RECORDS FOR THIS TASK section start

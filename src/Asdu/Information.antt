-- ===== src/Asdu/Information.antt =====
-- asdu/information.go: the information elements that pack several fields into an octet.
pub mod Laws
use go_iecp.Shared.{
  ℕ, ◌*◌, ◌/◌, ◌-◌, Bool, bit_and, bit_or, ◌==◌, ◌!=◌, if◌then◌else◌, byte, ℤ, pos, negsuc, to_word,
}
use go_iecp.Asdu.Identifier.{set_flag}

-- `SinglePoint.Value` and `DoublePoint.Value`
unfoldable pub single_point_value : ℕ → ℕ
single_point_value p = byte (bit_and p 0x01)

unfoldable pub double_point_value : ℕ → ℕ
double_point_value p = byte (bit_and p 0x03)

pub record StepPosition : Type 0 where
  pub val : ℤ
  pub has_transient : Bool

unfoldable pub step_position_value : StepPosition → ℕ
step_position_value sp = byte (set_flag sp.has_transient 0x80 (to_word 128 sp.val))

-- `int(b) | (-1 &^ 0x3f)` is the low six bits of `b` less 64.
unfoldable pub parse_step_position : ℕ → StepPosition
parse_step_position b = record {
  val = if bit_and b 0x40 == 0 then pos (bit_and b 0x3f) else negsuc (63 - bit_and b 0x3f);
  has_transient = bit_and b 0x80 != 0;
}

pub record CauseOfInitial : Type 0 where
  pub cause : ℕ
  pub is_local_change : Bool

unfoldable pub parse_cause_of_initial : ℕ → CauseOfInitial
parse_cause_of_initial b = record {
  cause = bit_and b 0x7f;
  is_local_change = bit_and b 0x80 == 0x80;
}

unfoldable pub cause_of_initial_value : CauseOfInitial → ℕ
cause_of_initial_value c = set_flag c.is_local_change 0x80 c.cause

pub record QualifierCountCall : Type 0 where
  pub request : ℕ
  pub freeze : ℕ

unfoldable pub parse_qualifier_count_call : ℕ → QualifierCountCall
parse_qualifier_count_call b = record { request = bit_and b 0x3f; freeze = bit_and b 0xc0 }

unfoldable pub qualifier_count_call_value : QualifierCountCall → ℕ
qualifier_count_call_value q = bit_or (byte (bit_and q.request 0x3f)) (byte (bit_and q.freeze 0xc0))

pub record QualifierOfParameterMv : Type 0 where
  pub category : ℕ
  pub is_change : Bool
  pub is_in_operation : Bool

unfoldable pub parse_qualifier_of_param_mv : ℕ → QualifierOfParameterMv
parse_qualifier_of_param_mv b = record {
  category = bit_and b 0x3f;
  is_change = bit_and b 0x40 == 0x40;
  is_in_operation = bit_and b 0x80 == 0x80;
}

unfoldable pub qualifier_of_parameter_mv_value : QualifierOfParameterMv → ℕ
qualifier_of_parameter_mv_value q =
    set_flag q.is_in_operation 0x80 (set_flag q.is_change 0x40 (bit_and (byte q.category) 0x3f))

pub record QualifierOfCommand : Type 0 where
  pub qual : ℕ
  pub in_select : Bool

unfoldable pub parse_qualifier_of_command : ℕ → QualifierOfCommand
parse_qualifier_of_command b = record {
  qual = bit_and (b / 4) 0x1f;
  in_select = bit_and b 0x80 == 0x80;
}

unfoldable pub qualifier_of_command_value : QualifierOfCommand → ℕ
qualifier_of_command_value q = set_flag q.in_select 0x80 (byte (bit_and (byte q.qual) 0x1f * 4))

pub record QualifierOfSetpointCmd : Type 0 where
  pub qual : ℕ
  pub in_select : Bool

unfoldable pub parse_qualifier_of_setpoint_cmd : ℕ → QualifierOfSetpointCmd
parse_qualifier_of_setpoint_cmd b = record {
  qual = bit_and b 0x7f;
  in_select = bit_and b 0x80 == 0x80;
}

unfoldable pub qualifier_of_setpoint_cmd_value : QualifierOfSetpointCmd → ℕ
qualifier_of_setpoint_cmd_value q = set_flag q.in_select 0x80 (bit_and (byte q.qual) 0x7f)
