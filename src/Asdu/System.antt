-- ===== src/Asdu/System.antt =====
-- asdu/csys.go: what the system commands in the control direction carry, and the causes of
-- asdu/identifier.go that their answers name. A getter leaves the ASDU as it was; one that reads
-- behind the end of the information object panics, which is `none`. A time is the seven octets
-- that carry it.
use go_iecp.Shared.{ℕ, Bool, List, Option, none, some, ◌==◌, ltb, if◌then◌else◌, length, take}
use go_iecp.Asdu.Message.{Asdu}
use go_iecp.Asdu.Information.{QualifierCountCall, parse_qualifier_count_call}
use go_iecp.Asdu.Codec.{decode_info_obj_addr, decode_byte, decode_uint16}

abbrev pub spontaneous : ℕ
spontaneous = 3

abbrev pub request : ℕ
request = 5

abbrev pub activation : ℕ
activation = 6

abbrev pub activation_con : ℕ
activation_con = 7

abbrev pub deactivation : ℕ
deactivation = 8

abbrev pub unknown_type_id : ℕ
unknown_type_id = 44

abbrev pub unknown_cot : ℕ
unknown_cot = 45

abbrev pub unknown_ca : ℕ
unknown_ca = 46

abbrev pub unknown_ioa : ℕ
unknown_ioa = 47

abbrev pub fbp_test_word : ℕ
fbp_test_word = 0x55aa

-- An address, then what a reader finds behind it.
abbrev pub addressed {ℓ} : {A : Type ℓ} → Asdu → (Asdu → Option A) → Option (ℕ × A)
addressed a read = elim (decode_info_obj_addr a) [
  | none ↦ none
  | some (ioa, b) ↦ elim (read b) [ none ↦ none | some v ↦ some (ioa, v) ]
]

abbrev value_of : Option (ℕ × Asdu) → Option ℕ
value_of none = none
value_of (some (v, a)) = some v

abbrev octet : Asdu → Option ℕ
octet a = value_of (decode_byte a)

abbrev word : Asdu → Option ℕ
word a = value_of (decode_uint16 a)

abbrev count_call : Asdu → Option QualifierCountCall
count_call a = elim (octet a) [ none ↦ none | some b ↦ some (parse_qualifier_count_call b) ]

abbrev time_octets : Asdu → Option (List ℕ)
time_octets a = if ltb (length a.info_obj) 7 then none else some (take 7 a.info_obj)

abbrev test_word : Asdu → Option Bool
test_word a = elim (word a) [ none ↦ none | some w ↦ some (w == fbp_test_word) ]

unfoldable pub get_interrogation_cmd : Asdu → Option (ℕ × ℕ)
get_interrogation_cmd a = addressed a octet

unfoldable pub get_counter_interrogation_cmd : Asdu → Option (ℕ × QualifierCountCall)
get_counter_interrogation_cmd a = addressed a count_call

unfoldable pub get_read_cmd : Asdu → Option ℕ
get_read_cmd a = value_of (decode_info_obj_addr a)

unfoldable pub get_clock_synchronization_cmd : Asdu → Option (ℕ × List ℕ)
get_clock_synchronization_cmd a = addressed a time_octets

unfoldable pub get_test_command : Asdu → Option (ℕ × Bool)
get_test_command a = addressed a test_word

unfoldable pub get_reset_process_cmd : Asdu → Option (ℕ × ℕ)
get_reset_process_cmd a = addressed a octet

unfoldable pub get_delay_acquire_command : Asdu → Option (ℕ × ℕ)
get_delay_acquire_command a = addressed a word
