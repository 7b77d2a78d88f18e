-- ===== src/Asdu/Monitor.antt =====
-- asdu/mproc.go: what its senders and getters of process information share. A sender gives the ASDU
-- that it hands to `Connect.Send`, or its error; a getter that panics gives `none`. The instant of an
-- information object is the octets that carry it: none, the three of a CP24Time2a or the seven of a
-- CP56Time2a.
pub mod RoundTrip
pub mod Layouts
pub mod Elements
pub mod Fields
pub mod Senders
pub mod Getters
pub mod Arrivals
pub mod Wire
pub mod Delivery
pub mod Sizes
pub mod Marshals
pub mod Packed
use go_iecp.Shared.{
  ℕ, zero, suc, ◌+◌, ◌*◌, Bool, true, false, ◌||◌, not, List, [], ◌∷◌, ◌++◌, Option, none, some,
  ◌==◌, ltb, if◌then◌else◌, length, take, drop,
}
use go_iecp.Asdu.Error.{
  Error, Result, ok, err, ◌>>=◌, not_any_obj_info, length_out_of_range, type_id_not_match,
}
use go_iecp.Asdu.Identifier.{CauseOfTransmission, get_info_obj_size}
use go_iecp.Asdu.Message.{
  Params, Asdu, asdu_size_max, identifier_size, valid, new_asdu, set_variable_number,
}
use go_iecp.Asdu.Codec.{with_info_obj, append_bytes, append_info_obj_addr, decode_info_obj_addr}

-- The length that an ASDU of so many objects would have.
abbrev asdu_len : Params → Bool → ℕ → ℕ → ℕ
asdu_len p sequence n size =
    if sequence
    then identifier_size p + n * size + p.info_obj_addr_size
    else identifier_size p + n * (size + p.info_obj_addr_size)

unfoldable check_len : Params → Bool → ℕ → ℕ → Option Error
check_len p sequence n size = elim (valid p) [
  | some e ↦ some e
  | none ↦ if ltb asdu_size_max (asdu_len p sequence n size) then some length_out_of_range else none
]

unfoldable pub check_valid : Params → ℕ → Bool → ℕ → Option Error
unfolding check_len
check_valid p type_id sequence n =
    if n == 0
    then some not_any_obj_info
    else elim (get_info_obj_size type_id) [ err e ↦ some e | ok size ↦ check_len p sequence n size ]

-- The time tag that the switch on the type calls for; no case may match.
pub data TimeTag : Type 0 where
  no_tag cp24 cp56 mismatch : TimeTag

abbrev pub three_types : (na ta tb type_id : ℕ) → TimeTag
three_types na ta tb type_id =
    if type_id == na
    then no_tag
    else if type_id == ta
    then cp24
    else if type_id == tb
    then cp56
    else mismatch

abbrev pub two_types : (ta tb type_id : ℕ) → TimeTag
two_types ta tb type_id = if type_id == ta then cp24 else if type_id == tb then cp56 else mismatch

abbrev pub time_octets : TimeTag → List ℕ → Result (List ℕ)
time_octets no_tag time = ok []
time_octets cp24 time = ok time
time_octets cp56 time = ok time
time_octets mismatch time = err type_id_not_match

-- `DecodeCP24Time2a` and `DecodeCP56Time2a`
unfoldable pub decode_time : ℕ → Asdu → Option (List ℕ × Asdu)
decode_time n a =
    if ltb (length a.info_obj) n
    then none
    else some (take n a.info_obj, with_info_obj a (drop n a.info_obj))

unfoldable pub decode_time_tag : TimeTag → Asdu → Option (List ℕ × Asdu)
unfolding decode_time
decode_time_tag no_tag a = some ([], a)
decode_time_tag cp24 a = decode_time 3 a
decode_time_tag cp56 a = decode_time 7 a
decode_time_tag mismatch a = none

-- One kind of information object: its address, the octets behind the address for a type, and how
-- they are read again for a type and an address.
pub record Element {ℓ} (I : Type ℓ) : Type ℓ where
  pub ioa : I → ℕ
  pub octets : ℕ → I → Result (List ℕ)
  pub read : ℕ → ℕ → Asdu → Option (I × Asdu)

-- An object that writes fields of type `F`, then its time tag.
pub record Layout {ℓ} (I F : Type ℓ) : Type ℓ where
  pub tag : ℕ → TimeTag
  pub addr : I → ℕ
  pub time : I → List ℕ
  pub fields : ℕ → I → List ℕ
  pub decode_fields : ℕ → Asdu → Option (F × Asdu)
  pub build : ℕ → F → List ℕ → I

module _ {ℓ} {I F : Type ℓ} (l : Layout I F) where
  tagged_octets : ℕ → I → Result (List ℕ)
  tagged_octets type_id v =
      time_octets (l.tag type_id) (l.time v) >>= (λ time. ok (l.fields type_id v ++ time))

  read_tag : ℕ → ℕ → F × Asdu → Option (I × Asdu)
  read_tag type_id x (f, a) = elim (decode_time_tag (l.tag type_id) a) [
    | none ↦ none
    | some (time, b) ↦ some (l.build x f time, b)
  ]

  read_tagged : ℕ → ℕ → Asdu → Option (I × Asdu)
  unfolding read_tag
  read_tagged type_id x a = elim (l.decode_fields type_id a) [
    | none ↦ none
    | some fa ↦ read_tag type_id x fa
  ]

  unfoldable pub element_of : Element I
  unfolding tagged_octets read_tagged
  element_of = record { ioa = l.addr; octets = tagged_octets; read = read_tagged }

module _ {ℓ} {I : Type ℓ} (el : Element I) where
  -- The loop of a sender: `once` says that the first address has been written.
  unfoldable pub append_infos : ℕ → Bool → Bool → List I → Asdu → Result Asdu
  append_infos type_id sequence once [] a = ok a
  append_infos type_id sequence once (v ∷ infos) a =
      (if not sequence || not once then append_info_obj_addr a (el.ioa v) else ok a) >>= (λ b.
        el.octets type_id v
        >>= (λ os. append_infos type_id sequence true infos (append_bytes b os)))

  filled : Params → ℕ → Bool → CauseOfTransmission → ℕ → List I → Result Asdu
  filled p type_id sequence coa ca infos =
      set_variable_number
        (new_asdu p (record {
          type_id = type_id;
          variable = record { number = 0; is_sequence = sequence };
          coa = coa;
          orig_addr = 0;
          common_addr = ca;
        }))
        (length infos)
      >>= append_infos type_id sequence false infos

  unfoldable pub send_infos : Params → ℕ → Bool → CauseOfTransmission → ℕ → List I → Result Asdu
  unfolding filled
  send_infos p type_id sequence coa ca infos =
      elim (check_valid p type_id sequence (length infos)) [
        | some e ↦ err e
        | none ↦ filled p type_id sequence coa ca infos
      ]

  -- The address of the next object: read, or one more than the last.
  abbrev next_addr : Bool → ℕ → Asdu → Option (ℕ × Asdu)
  next_addr true x a = decode_info_obj_addr a
  next_addr false x a = some (suc x, a)

  unfoldable pub decode_infos : ℕ → Bool → ℕ → Bool → ℕ → Asdu → Option (List I)
  decode_infos type_id sequence zero once x a = some []
  decode_infos type_id sequence (suc n) once x a = elim (next_addr (not sequence || not once) x a) [
    | none ↦ none
    | some (y, b) ↦ elim (el.read type_id y b) [
      | none ↦ none
      | some (v, c) ↦ elim (decode_infos type_id sequence n true y c) [
        | none ↦ none
        | some vs ↦ some (v ∷ vs)
      ]
    ]
  ]

  -- A getter leaves the ASDU as it was.
  unfoldable pub get_infos : Asdu → Option (List I)
  get_infos a = decode_infos a.type_id a.variable.is_sequence a.variable.number false 0 a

RECORDS FOR THIS TASK section end

WORK REQUEST:
Reproduce the lines of the entries above from the one with "pub mod Wire" to the one with "-- The length", both included, exactly and without any other line.

ANSWER BELOW:
pub mod Wire
pub mod Delivery
pub mod Sizes
pub mod Marshals
pub mod Packed
use go_iecp.Shared.{
  ℕ, zero, suc, ◌+◌, ◌*◌, Bool, true, false, ◌||◌, not, List, [], ◌∷◌, ◌++◌, Option, none, some,
  ◌==◌, ltb, if◌then◌else◌, length, take, drop,
}
use go_iecp.Asdu.Error.{
  Error, Result, ok, err, ◌>>=◌, not_any_obj_info, length_out_of_range, type_id_not_match,
}
use go_iecp.Asdu.Identifier.{CauseOfTransmission, get_info_obj_size}
use go_iecp.Asdu.Message.{
  Params, Asdu, asdu_size_max, identifier_size, valid, new_asdu, set_variable_number,
}
use go_iecp.Asdu.Codec.{with_info_obj, append_bytes, append_info_obj_addr, decode_info_obj_addr}

-- The length that an ASDU of so many objects would have.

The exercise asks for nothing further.